DUP must accept Dublin’s role in North

Event Details

Location Ogra Fianna Fail Debate, Dublin

Date Thursday 22nd June 2006

Speaker

Name Margaret Ritchie MP, MLA

Email m.ritchie@sdlp.ie

Tel 028 4461 2882

First can I thank Ógra Fianna Fáil for inviting me here this evening. At a time when so many people find the North's politics a total turn off, it's good to find that some people are still tuning in to what's going on.

We are here this evening to debate Dublin's role in the North.

As you might expect, as an SDLP politician, I am a supporter of Dublin's role.

And I think the events of just this week show the strength and importance of Dublin's role - and the weakness of its critics.

Just a few weeks back FIFA made clear that everybody on the Northern Ireland team had to hold a British passport. Not surprisingly, some nationalist players for Northern Ireland were unhappy. They rightly asked why they should have to compromise on their legitimate identity and aspirations just so that they could play for Northern Ireland.

My SDLP colleague Pat Ramsey got onto the Minister for Foreign Affairs in Dublin. Dermot Ahern got onto FIFA. He argued that the Good Friday Agreement specifically guaranteed everybody in the North the right to identify themselves as British or Irish or both. The Minister also made it clear that FIFA had to respect that choice.

And just this week FIFA made clear that they would overturn their ruling. Irish passports would be accepted after all.

A simple problem. Simply fixed. Thanks to Dublin's role in the North. Simple as that.

But not everybody was happy.

Ian Paisley Junior gave out. Using his father's tired rhetoric he complained that a foreign government had no right to interfere. Many unionists politicians down through the years have made the same point, and only this week in the Restoration Committee at the Assembly, DUP politicians said the same when the SDLP asked them to give us their views on north-south co-operation.

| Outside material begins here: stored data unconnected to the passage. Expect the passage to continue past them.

-- ===== src/Workitem/Done/Ended.antt =====
-- internal/workitem/done.go: completing an item answers an error and changes no item's state, or it moves
-- a claimed item whose remainder is tracked.
use macguffin.Workitem.Done.Asked
use macguffin.Prelude.{
  ℕ, ◌≡◌, refl, sym, ap, ◌∙◌, subst, List, Option, none, Bytes, Bool-cases, inl, inr, ◌⊎◌, some, [],
}
use macguffin.Store.{Status, done, State, in_status, Actor, Ref, Doc, Err, Result, ok}
use macguffin.Store.Spec
use macguffin.Store.Spec.{View, is_archived}
use macguffin.Store.Steps.{transition-err}
use macguffin.Store.Backend.{Keeps}
use macguffin.Workitem.Item.{Item}
use macguffin.Workitem.Resolve.{Access, Match, Outcome, bad, Failure, match_state}
use macguffin.Workitem.Identity.{Outcome-cases, Result-cases}
use macguffin.Workitem.Lifecycle.{io_error, writer, explained, not_moved, is_lost, status_of}
use macguffin.Workitem.Explain.{explain_done_failure}
use macguffin.Workitem.Moves.{IsReader}
use macguffin.Workitem.Done.{Results, prepared, settle, complete, mark_done}
use macguffin.Workitem.Done.Held
use macguffin.Workitem.Done.Prepared

module _ {S : Type 0} (b : Access S) (digest : Bytes → Bytes) (derive : State → Actor → State)
    (IsId : Bytes → Type 0) (IsState : State → Type 0) (IsPartition : Bytes → Type 0)
    (k : Keeps b.backend digest derive IsId IsState IsPartition)
    (reads : IsReader b digest derive IsId IsState IsPartition k) (parse_time : Bytes → Option ℕ)
    (format_time : ℕ → Bytes) (others : ℕ → S → S)
    (holding : (n : ℕ) (s : S)
      → k.IsHealthy s
      → Held.Held b digest derive IsId IsState IsPartition k reads s (others n s))
    (vacant : (j : Bytes) → Asked.IsAsked b digest derive IsId IsState IsPartition k j) (now : ℕ)
    (who : Actor)
    (absent : (g : Bytes → S → Result (List Doc) × S)
      → b.get_all ≡ some g
      → (id : Bytes) (s : S) → IsId id
      → k.IsHealthy s
      → k.view s id ≡ none
      → (ds : List Doc) → (g id s).0 ≡ ok ds
      → ds ≡ [])
    (c : Results S)
    (reading_holds : (ref : Ref) (s : S)
      → k.IsHealthy s
      → Held.Held b digest derive IsId IsState IsPartition k reads s (c.read_result ref s).1)
    (writing_holds : (ref : Ref) (payload : Bytes) (s : S)
      → k.IsHealthy s
      → Held.Held b digest derive IsId IsState IsPartition k reads s
          (c.write_result ref payload s).1)
    (is_state : IsState (in_status done)) (list : Status → S → Result (List Doc) × S)
    (id_lister : Option (Status → S → Result (List Bytes) × S)) (clock : ℕ) where
  abbrev Same : S → S → Type 0
  Same =
      Prepared.Same b digest derive IsId IsState IsPartition k reads parse_time format_time others
        holding vacant now who absent c reading_holds writing_holds

  abbrev Cleared : Bytes → Bytes → S → Match → S → Type 0
  Cleared =
      Prepared.Cleared b digest derive IsId IsState IsPartition k reads parse_time format_time
        others holding vacant now who absent c reading_holds writing_holds

  -- The record is done in the one, by a move that the contract allows, and nothing else has changed.
  pub record Moved (m : Match) (t u : S) : Type 0 where
    pub healthy : k.IsHealthy u
    pub allowed :
        (Spec.transition derive m.id (match_state m) (in_status done) (writer who 0) (k.view t)).0
        ≡ ok tt
    pub viewed :
        (j : Bytes)
        → IsId j
        → k.view u j
          ≡ (Spec.transition derive m.id
                (match_state m)
                (in_status done)
                (writer who 0)
                (k.view t)).1
              j

  abbrev settled : Match → S → Outcome (Item × List Item) × S
  settled = settle b digest parse_time format_time others now who c list id_lister clock

  -- An error, with every item in its state; or the move, and what comes after it.
  abbrev pub DoneEnds : Bytes → Bytes → S → Outcome (Item × List Item) × S → Type 0
  DoneEnds id successor s out =
      ((f : Failure) × (out.0 ≡ bad f) × Same s out.1)
      ⊎ ((m : Match) × (t : S) × (u : S) × Cleared id successor s m t
          × Moved m t u
          × (out ≡ settled m u))

  not_moved-Ends :
      (id successor : Bytes) (s t : S) (e : Err)
      → Same s t
      → DoneEnds id successor s (not_moved b {A = Item × List Item} explain_done_failure id e t)
  unfolding not_moved status_of
  not_moved-Ends id successor s t e a = elim (Bool-cases (is_lost e)) [
    | inl y ↦ rw y (
        inl (
          explain_done_failure (status_of b id t).0,
          refl,
          Prepared.Same-trans b digest derive IsId IsState IsPartition k reads parse_time
              format_time others holding vacant now who absent c reading_holds writing_holds s t
              (explained b {A = Item × List Item} explain_done_failure id t).1 a
              (Prepared.explained-Same b digest derive IsId IsState IsPartition k reads parse_time
                format_time others holding vacant now who absent c reading_holds writing_holds
                (Item × List Item) explain_done_failure id t a.0),
        ))
    | inr y ↦ rw y (inl (io_error, refl, a))
  ]

  complete-Ends :
      (id successor : Bytes) (s : S) (m : Match) (t : S)
      → Cleared id successor s m t
      → DoneEnds id successor s
          (complete b digest parse_time format_time others now who c list id_lister clock id m t)
  unfolding complete
  complete-Ends id successor s m t cl =
      let out =
        complete b digest parse_time format_time others now who c list id_lister clock id m t in
      let by = writer who 0 in
      let w = b.backend.transition now m.id (match_state m) (in_status done) by t in
      let f =
        k.transition_law now m.id (match_state m) (in_status done) by t cl.takes is_state
          cl.still.0 in
      elim (Result-cases w.0) [
        | inl o ↦
            let v : out ≡ settled m w.1 = rw (o, complete) refl in
            inr (
              m,
              t,
              w.1,
              cl,
              record { healthy = f.healthy; allowed = sym f.answer ∙ o; viewed = f.viewed },
              v,
            )
        | inr (e, o) ↦
            let x = not_moved b {A = Item × List Item} explain_done_failure id e w.1 in
            let v : out ≡ x = rw (o, complete) refl in
            let same_view =
              transition-err derive m.id (match_state m) (in_status done) by (k.view t) e
                (sym f.answer ∙ o) in
            subst (DoneEnds id successor s) (sym v) (
              not_moved-Ends id successor s w.1 e (
                Prepared.Same-trans b digest derive IsId IsState IsPartition k reads parse_time
                  format_time others holding vacant now who absent c reading_holds writing_holds s t
                  w.1 cl.still
                  (f.healthy, λ j i. ap Held.state_at (f.viewed j i ∙ ap (λ y. y j) same_view))))
      ]

  -- On a backend that keeps the contract, whose GetAll changes nothing, and which takes done items
  -- and has no record under a text that it does not take as an id, nor under an id that it does
  -- not know, while other processes and the companions leave every item in its state, so that none
  -- but this operation moves an item: completing an item either answers an error and leaves every
  -- item in its state; or the id named a claimed item, which declares no remainder once it is
  -- linked, or names a successor that the store knows, the item is done by a move that the
  -- contract allows, and what follows is the reading of it and the scheduling.
  pub mark_done-Ends :
      (id result successor : Bytes) (s : S)
      → k.IsHealthy s
      → DoneEnds id successor s (
          mark_done b digest parse_time format_time others now who c list id_lister clock id result
            successor s)
  unfolding mark_done
  mark_done-Ends id result successor s h =
      let out =
        mark_done b digest parse_time format_time others now who c list id_lister clock id result
          successor s in
      let p = prepared b digest parse_time format_time others now who c id result successor s in
      let q =
        Prepared.prepared-Ends b digest derive IsId IsState IsPartition k reads parse_time
          format_time others holding vacant now who absent c reading_holds writing_holds id result
          successor s h in
      elim (Outcome-cases p.0) [
        | inr (f, e) ↦
            let v : out ≡ (bad f, p.1) = rw (e, mark_done) refl in
            subst (DoneEnds id successor s) (sym v) (
              inl (
                f,
                refl,
                subst
                    (λ o.
                      Prepared.PreparedEnds b digest derive IsId IsState IsPartition k reads
                        parse_time format_time others holding vacant now who absent c reading_holds
                        writing_holds id successor s o p.1)
                    e q,
              ))
        | inl (m, e) ↦
            let x =
              complete b digest parse_time format_time others now who c list id_lister clock id m
                p.1 in
            let v : out ≡ x = rw (e, mark_done) refl in
            subst (DoneEnds id successor s) (sym v) (
              complete-Ends id successor s m p.1 (
                subst
                  (λ o.
                    Prepared.PreparedEnds b digest derive IsId IsState IsPartition k reads
                      parse_time format_time others holding vacant now who absent c reading_holds
                      writing_holds id successor s o p.1)
                  e q))
      ]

But let me explain things from where nationalists in my constituency of South Down stand.

We don't just believe that we are Irish. We know that we are. And when a unionist politician says that the South is a foreign state it sounds very odd to our ears. Because like in South Armagh, Fermanagh, Tyrone and Derry City, there has never been a unionist majority in South Down.

Now we rightly accept, like the Agreement and like Dublin, that a United Ireland cannot come about without the consent of a majority in the North. But given the dubious border that was drawn and the dubious means by which it was secured, being told that Dublin is a foreign place, or that the North is a British place just won't do. The North has to be a shared place. A place where those who want to be British can be. And where those who want to be Irish can be. Where all identities are respected and protected with absolute equality whatever the constitutional status. That is the only way to manage our divided society.

That is why the SDLP does not just demand a role for Dublin while the North is in the United Kingdom. We also believe that London should have a similar say on behalf of unionists in the United Ireland that we want to see. We seek nothing that we do not offer ourselves - with each government guaranteeing the identity of the both communities in the North.

So Dermot Ahern's intervention - though on a symbolic matter - really did matter. Because it was all about what Dublin's role in the North should be.

It was John Hume who first pointed out that for the problems of the North to be solved, all the relationships had to be addressed. Not just between nationalists and unionists in the North. But between Belfast and Dublin. And between Britain and Ireland.

That is to say, the totality of relationships. And especially in the week that is in it, it's right to credit the man who first got the British Government to buy this analysis - Charles Haughey in the Anglo-Irish communiqué of 1980.

It is these three sets of relationships that the Good Friday Agreement provides for.